_Records for the exercise_
_ _ _ _ _

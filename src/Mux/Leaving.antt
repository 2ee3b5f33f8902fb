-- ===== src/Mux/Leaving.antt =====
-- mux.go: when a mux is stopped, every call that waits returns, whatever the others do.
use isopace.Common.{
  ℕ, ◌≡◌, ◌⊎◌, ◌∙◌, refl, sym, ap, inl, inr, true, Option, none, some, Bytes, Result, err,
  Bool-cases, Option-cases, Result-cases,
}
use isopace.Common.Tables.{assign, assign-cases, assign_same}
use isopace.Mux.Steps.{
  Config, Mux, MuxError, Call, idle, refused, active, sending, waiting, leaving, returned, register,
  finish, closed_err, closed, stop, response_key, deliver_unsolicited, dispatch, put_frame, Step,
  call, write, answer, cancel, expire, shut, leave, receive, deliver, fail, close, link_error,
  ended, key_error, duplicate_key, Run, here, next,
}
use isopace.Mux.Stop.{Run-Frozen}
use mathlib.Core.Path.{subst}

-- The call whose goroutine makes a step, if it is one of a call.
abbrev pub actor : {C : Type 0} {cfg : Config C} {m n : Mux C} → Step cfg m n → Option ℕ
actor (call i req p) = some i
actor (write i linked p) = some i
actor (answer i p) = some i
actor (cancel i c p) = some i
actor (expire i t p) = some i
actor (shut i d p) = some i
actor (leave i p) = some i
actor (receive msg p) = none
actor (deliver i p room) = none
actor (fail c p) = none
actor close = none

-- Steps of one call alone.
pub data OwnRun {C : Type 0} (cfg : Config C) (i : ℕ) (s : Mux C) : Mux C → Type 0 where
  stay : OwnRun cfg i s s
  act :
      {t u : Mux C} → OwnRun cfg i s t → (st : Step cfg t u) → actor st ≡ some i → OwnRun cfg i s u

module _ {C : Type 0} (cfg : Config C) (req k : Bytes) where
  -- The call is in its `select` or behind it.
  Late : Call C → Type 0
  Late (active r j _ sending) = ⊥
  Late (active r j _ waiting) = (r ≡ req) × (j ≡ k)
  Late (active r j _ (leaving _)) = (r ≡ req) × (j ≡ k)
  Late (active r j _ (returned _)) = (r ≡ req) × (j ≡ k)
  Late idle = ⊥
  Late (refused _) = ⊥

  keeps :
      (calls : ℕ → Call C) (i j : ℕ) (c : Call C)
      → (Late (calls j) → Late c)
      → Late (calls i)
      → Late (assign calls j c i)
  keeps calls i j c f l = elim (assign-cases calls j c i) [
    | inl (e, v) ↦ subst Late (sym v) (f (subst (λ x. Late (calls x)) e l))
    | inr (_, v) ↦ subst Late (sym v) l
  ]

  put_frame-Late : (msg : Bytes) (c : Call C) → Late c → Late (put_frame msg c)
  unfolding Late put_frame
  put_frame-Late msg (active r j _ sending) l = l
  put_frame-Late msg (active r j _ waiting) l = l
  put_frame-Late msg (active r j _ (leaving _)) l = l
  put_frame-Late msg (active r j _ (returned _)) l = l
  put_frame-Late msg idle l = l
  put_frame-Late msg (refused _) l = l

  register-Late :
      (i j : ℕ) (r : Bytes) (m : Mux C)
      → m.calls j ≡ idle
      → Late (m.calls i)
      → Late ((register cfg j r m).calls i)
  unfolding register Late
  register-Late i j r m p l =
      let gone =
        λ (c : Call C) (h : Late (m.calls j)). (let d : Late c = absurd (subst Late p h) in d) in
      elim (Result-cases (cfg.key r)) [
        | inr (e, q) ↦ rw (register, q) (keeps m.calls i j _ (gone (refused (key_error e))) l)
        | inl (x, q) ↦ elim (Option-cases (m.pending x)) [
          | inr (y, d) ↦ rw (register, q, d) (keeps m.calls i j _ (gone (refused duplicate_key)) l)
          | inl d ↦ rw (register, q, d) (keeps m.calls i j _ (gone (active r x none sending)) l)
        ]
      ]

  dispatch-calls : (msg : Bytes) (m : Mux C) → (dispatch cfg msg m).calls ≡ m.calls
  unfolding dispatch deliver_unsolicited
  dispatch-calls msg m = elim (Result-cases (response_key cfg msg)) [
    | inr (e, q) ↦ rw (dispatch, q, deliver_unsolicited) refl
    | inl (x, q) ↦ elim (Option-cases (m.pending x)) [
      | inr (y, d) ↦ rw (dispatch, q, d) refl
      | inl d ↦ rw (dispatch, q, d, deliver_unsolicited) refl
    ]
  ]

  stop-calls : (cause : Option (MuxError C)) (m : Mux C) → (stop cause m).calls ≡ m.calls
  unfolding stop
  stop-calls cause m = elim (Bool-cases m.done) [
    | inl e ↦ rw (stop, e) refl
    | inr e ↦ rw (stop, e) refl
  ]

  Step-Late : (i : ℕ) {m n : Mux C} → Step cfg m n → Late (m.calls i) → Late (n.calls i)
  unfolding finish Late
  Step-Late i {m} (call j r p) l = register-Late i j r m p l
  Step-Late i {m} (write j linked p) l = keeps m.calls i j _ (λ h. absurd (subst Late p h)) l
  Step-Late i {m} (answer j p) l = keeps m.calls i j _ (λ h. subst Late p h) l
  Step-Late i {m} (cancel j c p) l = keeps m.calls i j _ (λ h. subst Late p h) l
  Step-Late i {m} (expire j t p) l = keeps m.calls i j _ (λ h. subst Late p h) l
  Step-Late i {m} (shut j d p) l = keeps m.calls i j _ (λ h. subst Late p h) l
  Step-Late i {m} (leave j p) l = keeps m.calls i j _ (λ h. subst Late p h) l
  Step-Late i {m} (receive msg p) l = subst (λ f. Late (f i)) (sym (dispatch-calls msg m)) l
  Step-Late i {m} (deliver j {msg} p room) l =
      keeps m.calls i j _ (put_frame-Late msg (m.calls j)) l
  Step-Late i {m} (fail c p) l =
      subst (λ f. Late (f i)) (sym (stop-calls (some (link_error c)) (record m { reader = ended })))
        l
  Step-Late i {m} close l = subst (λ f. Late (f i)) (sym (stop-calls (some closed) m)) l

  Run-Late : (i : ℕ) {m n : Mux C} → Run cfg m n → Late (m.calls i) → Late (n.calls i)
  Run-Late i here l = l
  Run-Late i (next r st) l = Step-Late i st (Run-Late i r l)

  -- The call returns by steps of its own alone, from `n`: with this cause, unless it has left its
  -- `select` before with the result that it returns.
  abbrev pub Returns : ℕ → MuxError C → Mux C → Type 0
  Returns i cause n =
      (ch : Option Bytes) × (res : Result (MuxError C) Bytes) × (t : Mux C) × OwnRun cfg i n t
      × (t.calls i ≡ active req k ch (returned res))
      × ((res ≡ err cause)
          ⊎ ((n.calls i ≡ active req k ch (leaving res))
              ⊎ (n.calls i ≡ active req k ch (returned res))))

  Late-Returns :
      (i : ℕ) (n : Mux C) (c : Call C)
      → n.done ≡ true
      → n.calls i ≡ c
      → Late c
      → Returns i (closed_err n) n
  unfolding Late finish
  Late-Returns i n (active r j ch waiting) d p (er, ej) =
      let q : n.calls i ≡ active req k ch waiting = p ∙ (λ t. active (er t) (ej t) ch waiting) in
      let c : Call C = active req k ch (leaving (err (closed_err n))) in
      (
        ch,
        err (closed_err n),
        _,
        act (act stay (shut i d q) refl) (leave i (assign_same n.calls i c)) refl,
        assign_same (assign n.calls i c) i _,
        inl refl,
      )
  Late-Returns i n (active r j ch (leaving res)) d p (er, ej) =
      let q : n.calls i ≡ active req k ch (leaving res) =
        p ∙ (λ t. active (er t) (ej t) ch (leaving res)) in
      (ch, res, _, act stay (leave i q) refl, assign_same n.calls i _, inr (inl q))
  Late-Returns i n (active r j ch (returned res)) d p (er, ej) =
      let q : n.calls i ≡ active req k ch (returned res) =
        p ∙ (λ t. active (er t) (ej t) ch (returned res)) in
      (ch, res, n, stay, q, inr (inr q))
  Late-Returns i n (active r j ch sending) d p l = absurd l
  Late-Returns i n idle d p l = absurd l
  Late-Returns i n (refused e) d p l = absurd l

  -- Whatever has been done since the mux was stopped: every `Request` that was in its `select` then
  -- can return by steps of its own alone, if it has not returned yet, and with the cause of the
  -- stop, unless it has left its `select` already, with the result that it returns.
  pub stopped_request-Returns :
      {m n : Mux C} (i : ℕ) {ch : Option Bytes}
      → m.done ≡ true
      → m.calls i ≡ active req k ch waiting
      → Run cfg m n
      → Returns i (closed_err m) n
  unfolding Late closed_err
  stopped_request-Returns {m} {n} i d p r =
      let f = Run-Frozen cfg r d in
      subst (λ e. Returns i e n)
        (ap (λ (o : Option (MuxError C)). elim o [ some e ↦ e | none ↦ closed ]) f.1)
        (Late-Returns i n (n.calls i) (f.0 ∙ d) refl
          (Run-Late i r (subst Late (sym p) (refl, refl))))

_ _ _ _ _

_Task to complete_
Your job is to print exactly the lines that run from the top of the entries through the line with "-- Steps of one call alone.", and no others.

_Reply to the exercise_
filename src/Mux/Leaving.antt
repository 2ee3b5f33f8902fb
-- ===== src/Mux/Leaving.antt =====
-- mux.go: when a mux is stopped, every call that waits returns, whatever the others do.
use isopace.Common.{
  ℕ, ◌≡◌, ◌⊎◌, ◌∙◌, refl, sym, ap, inl, inr, true, Option, none, some, Bytes, Result, err,
  Bool-cases, Option-cases, Result-cases,
}
use isopace.Common.Tables.{assign, assign-cases, assign_same}
use isopace.Mux.Steps.{
  Config, Mux, MuxError, Call, idle, refused, active, sending, waiting, leaving, returned, register,
  finish, closed_err, closed, stop, response_key, deliver_unsolicited, dispatch, put_frame, Step,
  call, write, answer, cancel, expire, shut, leave, receive, deliver, fail, close, link_error,
  ended, key_error, duplicate_key, Run, here, next,
}
use isopace.Mux.Stop.{Run-Frozen}
use mathlib.Core.Path.{subst}

-- The call whose goroutine makes a step, if it is one of a call.
abbrev pub actor : {C : Type 0} {cfg : Config C} {m n : Mux C} → Step cfg m n → Option ℕ
actor (call i req p) = some i
actor (write i linked p) = some i
actor (answer i p) = some i
actor (cancel i c p) = some i
actor (expire i t p) = some i
actor (shut i d p) = some i
actor (leave i p) = some i
actor (receive msg p) = none
actor (deliver i p room) = none
actor (fail c p) = none
actor close = none

-- Steps of one call alone.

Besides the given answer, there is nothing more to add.